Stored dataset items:
--------------------

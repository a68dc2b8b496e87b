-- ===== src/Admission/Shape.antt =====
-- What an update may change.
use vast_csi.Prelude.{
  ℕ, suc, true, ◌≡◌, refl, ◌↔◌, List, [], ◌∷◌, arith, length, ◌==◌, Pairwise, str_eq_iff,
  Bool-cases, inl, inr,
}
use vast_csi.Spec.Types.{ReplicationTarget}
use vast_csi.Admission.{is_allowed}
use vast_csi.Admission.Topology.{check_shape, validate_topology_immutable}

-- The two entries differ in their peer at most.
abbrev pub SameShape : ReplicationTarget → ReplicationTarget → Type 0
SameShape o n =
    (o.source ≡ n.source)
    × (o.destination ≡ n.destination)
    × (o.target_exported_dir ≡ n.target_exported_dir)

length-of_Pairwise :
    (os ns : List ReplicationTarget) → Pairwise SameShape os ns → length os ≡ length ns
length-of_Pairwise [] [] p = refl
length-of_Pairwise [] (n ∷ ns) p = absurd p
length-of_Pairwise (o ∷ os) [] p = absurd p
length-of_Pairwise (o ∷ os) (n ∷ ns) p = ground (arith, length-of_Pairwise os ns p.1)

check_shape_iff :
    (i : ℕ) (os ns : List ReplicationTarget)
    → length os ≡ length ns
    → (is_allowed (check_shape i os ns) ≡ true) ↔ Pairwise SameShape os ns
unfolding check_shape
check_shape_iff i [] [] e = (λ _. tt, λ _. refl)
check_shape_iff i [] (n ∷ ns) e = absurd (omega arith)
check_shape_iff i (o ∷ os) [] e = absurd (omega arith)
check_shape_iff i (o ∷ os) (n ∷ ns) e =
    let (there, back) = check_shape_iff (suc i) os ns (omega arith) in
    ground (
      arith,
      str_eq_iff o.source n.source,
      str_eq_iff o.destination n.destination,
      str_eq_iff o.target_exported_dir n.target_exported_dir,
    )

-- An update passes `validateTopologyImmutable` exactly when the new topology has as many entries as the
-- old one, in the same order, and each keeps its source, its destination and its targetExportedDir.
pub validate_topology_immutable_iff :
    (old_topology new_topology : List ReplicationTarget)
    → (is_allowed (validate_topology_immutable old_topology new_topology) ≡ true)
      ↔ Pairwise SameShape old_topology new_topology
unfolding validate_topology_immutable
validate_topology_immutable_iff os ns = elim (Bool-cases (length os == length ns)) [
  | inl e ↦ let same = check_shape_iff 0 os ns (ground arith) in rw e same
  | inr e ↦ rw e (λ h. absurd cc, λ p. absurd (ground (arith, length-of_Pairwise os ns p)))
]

--------------------

WORK INSTRUCTION => From the records above, copy each line in which the string "List" occurs.

TASK ANSWER =>
  ℕ, suc, true, ◌≡◌, refl, ◌↔◌, List, [], ◌∷◌, arith, length, ◌==◌, Pairwise, str_eq_iff,
    (os ns : List ReplicationTarget) → Pairwise SameShape os ns → length os ≡ length ns
    (i : ℕ) (os ns : List ReplicationTarget)
    (old_topology new_topology : List ReplicationTarget)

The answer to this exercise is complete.